ACTIVITY: Determine the number of lines in the data that include the word "texts", and write only that number.

DATA FOR THE TASK:
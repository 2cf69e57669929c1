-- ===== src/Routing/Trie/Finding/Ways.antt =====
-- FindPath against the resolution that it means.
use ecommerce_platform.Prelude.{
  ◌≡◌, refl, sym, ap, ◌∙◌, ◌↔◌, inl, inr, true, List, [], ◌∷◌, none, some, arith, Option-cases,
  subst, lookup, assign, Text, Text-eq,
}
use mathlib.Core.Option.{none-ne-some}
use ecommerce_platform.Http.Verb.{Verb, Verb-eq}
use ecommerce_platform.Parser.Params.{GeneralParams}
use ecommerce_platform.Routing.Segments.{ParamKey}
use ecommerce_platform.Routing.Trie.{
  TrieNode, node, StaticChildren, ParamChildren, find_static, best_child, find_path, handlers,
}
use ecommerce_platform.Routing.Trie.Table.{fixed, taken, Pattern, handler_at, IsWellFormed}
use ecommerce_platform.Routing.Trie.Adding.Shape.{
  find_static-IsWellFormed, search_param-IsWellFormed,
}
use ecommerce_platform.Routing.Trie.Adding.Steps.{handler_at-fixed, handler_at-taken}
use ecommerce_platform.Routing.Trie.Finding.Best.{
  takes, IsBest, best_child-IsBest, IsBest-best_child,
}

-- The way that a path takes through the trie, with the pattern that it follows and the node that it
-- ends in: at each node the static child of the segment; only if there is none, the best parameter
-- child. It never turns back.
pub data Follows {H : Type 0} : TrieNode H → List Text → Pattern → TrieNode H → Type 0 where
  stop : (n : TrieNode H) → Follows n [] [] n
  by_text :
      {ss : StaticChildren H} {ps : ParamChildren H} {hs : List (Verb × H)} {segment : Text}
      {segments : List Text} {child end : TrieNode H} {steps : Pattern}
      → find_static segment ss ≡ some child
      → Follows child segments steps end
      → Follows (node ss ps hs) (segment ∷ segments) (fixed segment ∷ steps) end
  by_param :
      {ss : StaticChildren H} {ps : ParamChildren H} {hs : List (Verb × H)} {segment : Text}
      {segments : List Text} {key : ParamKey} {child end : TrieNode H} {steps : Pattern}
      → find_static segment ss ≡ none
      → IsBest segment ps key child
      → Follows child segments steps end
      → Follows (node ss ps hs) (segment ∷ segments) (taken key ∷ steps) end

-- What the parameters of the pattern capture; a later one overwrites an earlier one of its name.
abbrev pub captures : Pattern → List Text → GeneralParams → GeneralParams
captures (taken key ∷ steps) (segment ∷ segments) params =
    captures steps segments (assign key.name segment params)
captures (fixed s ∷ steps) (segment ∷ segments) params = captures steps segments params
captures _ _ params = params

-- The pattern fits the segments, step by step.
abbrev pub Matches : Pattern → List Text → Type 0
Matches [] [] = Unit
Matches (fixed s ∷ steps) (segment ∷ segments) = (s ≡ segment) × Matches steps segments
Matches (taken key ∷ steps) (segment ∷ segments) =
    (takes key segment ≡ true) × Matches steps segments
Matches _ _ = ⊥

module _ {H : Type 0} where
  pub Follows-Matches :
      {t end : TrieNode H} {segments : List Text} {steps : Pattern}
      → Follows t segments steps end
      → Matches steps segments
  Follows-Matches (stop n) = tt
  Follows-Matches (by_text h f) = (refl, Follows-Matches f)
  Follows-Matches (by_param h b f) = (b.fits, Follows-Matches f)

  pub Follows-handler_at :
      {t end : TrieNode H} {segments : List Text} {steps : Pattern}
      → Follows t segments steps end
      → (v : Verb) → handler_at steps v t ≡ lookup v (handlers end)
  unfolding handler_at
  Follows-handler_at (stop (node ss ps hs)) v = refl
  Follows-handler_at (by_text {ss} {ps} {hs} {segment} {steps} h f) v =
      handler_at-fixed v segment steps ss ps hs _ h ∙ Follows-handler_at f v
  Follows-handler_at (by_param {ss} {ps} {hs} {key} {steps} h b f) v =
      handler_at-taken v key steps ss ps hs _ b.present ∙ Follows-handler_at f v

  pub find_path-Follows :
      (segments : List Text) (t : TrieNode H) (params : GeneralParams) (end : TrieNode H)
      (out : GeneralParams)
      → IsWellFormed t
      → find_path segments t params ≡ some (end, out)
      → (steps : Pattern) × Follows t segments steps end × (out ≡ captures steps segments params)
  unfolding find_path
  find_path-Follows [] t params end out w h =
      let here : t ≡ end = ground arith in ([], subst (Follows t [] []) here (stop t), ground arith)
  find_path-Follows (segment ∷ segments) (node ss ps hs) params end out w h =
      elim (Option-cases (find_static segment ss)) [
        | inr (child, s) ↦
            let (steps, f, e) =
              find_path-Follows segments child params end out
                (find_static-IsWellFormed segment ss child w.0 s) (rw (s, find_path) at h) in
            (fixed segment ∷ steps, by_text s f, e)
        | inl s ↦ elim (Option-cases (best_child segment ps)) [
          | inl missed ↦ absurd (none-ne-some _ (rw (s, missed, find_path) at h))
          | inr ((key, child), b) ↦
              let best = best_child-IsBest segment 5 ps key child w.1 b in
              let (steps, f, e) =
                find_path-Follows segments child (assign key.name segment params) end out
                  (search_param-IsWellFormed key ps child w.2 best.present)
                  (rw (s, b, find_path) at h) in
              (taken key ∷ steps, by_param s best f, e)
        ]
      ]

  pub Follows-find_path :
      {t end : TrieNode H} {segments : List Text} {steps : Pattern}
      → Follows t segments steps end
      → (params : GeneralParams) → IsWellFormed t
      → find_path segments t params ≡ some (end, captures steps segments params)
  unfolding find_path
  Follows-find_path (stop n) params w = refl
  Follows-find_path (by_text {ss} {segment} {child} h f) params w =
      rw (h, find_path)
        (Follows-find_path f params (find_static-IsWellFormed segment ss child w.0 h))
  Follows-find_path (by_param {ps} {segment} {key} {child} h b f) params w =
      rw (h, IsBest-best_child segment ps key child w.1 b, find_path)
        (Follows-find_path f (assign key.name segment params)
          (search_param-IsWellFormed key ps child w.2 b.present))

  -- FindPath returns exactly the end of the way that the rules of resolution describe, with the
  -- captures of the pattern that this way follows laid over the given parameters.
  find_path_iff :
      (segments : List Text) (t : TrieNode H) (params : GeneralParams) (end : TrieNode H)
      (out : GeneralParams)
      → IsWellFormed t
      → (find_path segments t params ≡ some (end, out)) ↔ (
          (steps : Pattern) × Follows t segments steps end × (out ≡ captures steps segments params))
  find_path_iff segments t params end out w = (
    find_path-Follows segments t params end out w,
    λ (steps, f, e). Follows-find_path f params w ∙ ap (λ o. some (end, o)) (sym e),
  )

---

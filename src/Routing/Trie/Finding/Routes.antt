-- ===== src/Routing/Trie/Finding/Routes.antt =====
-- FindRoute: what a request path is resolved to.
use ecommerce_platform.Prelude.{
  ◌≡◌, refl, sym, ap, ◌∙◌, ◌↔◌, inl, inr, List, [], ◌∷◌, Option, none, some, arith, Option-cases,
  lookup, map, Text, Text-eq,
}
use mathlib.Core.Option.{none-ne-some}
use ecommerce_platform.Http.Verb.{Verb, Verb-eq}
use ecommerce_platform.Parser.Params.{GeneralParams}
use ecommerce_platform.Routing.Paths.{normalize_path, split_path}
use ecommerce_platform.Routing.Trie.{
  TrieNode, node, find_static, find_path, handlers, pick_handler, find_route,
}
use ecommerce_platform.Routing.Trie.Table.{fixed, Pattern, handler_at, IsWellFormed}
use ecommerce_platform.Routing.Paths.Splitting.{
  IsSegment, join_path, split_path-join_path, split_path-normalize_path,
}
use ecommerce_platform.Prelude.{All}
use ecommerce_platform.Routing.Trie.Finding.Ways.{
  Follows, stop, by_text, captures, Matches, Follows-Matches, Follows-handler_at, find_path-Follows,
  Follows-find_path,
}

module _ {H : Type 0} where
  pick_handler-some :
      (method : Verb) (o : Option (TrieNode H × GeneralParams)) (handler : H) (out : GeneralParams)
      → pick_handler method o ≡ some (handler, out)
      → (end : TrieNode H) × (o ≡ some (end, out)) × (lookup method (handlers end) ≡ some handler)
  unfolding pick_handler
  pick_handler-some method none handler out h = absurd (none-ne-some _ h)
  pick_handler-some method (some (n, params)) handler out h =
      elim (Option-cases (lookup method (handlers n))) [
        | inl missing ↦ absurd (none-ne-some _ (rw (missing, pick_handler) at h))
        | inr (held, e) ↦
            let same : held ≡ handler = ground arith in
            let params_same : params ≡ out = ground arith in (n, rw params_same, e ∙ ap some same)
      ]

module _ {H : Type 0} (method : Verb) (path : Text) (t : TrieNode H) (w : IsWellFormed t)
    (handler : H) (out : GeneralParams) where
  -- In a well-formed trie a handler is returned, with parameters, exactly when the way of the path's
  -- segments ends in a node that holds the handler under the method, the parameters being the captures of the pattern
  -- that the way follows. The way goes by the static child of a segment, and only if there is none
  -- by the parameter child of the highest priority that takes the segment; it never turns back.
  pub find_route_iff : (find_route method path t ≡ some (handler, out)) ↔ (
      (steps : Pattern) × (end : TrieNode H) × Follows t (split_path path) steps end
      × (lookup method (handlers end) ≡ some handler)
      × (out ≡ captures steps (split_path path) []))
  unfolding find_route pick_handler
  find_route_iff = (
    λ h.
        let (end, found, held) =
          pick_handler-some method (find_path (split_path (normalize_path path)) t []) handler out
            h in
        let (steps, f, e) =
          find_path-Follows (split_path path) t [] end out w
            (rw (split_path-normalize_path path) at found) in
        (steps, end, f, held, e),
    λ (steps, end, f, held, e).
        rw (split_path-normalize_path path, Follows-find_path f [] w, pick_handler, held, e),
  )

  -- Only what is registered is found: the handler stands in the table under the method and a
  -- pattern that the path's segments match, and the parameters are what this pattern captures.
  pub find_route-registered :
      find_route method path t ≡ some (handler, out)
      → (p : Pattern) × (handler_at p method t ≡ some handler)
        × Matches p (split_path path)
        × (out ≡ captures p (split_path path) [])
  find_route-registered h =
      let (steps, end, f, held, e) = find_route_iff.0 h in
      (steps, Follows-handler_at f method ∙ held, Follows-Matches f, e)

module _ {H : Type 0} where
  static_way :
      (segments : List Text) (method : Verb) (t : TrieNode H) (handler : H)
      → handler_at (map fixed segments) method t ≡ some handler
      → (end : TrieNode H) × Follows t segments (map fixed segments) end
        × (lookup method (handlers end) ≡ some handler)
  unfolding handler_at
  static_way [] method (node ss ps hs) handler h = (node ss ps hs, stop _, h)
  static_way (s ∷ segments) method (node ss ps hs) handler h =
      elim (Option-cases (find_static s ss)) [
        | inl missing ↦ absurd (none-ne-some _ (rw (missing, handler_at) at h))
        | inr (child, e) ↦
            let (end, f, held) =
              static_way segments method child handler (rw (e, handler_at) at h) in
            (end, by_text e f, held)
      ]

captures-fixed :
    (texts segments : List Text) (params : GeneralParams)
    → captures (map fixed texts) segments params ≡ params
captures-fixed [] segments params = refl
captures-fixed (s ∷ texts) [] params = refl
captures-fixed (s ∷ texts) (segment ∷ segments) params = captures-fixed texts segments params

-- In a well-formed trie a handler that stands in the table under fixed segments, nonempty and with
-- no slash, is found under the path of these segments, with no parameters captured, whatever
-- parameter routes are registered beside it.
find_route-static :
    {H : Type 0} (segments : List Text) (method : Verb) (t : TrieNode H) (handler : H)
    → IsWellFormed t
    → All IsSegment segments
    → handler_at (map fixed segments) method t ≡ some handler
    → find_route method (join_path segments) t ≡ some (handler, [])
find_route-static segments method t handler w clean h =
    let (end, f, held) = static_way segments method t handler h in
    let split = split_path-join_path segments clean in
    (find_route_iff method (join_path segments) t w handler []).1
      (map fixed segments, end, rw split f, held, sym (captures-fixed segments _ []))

EXERCISE ANSWER: 4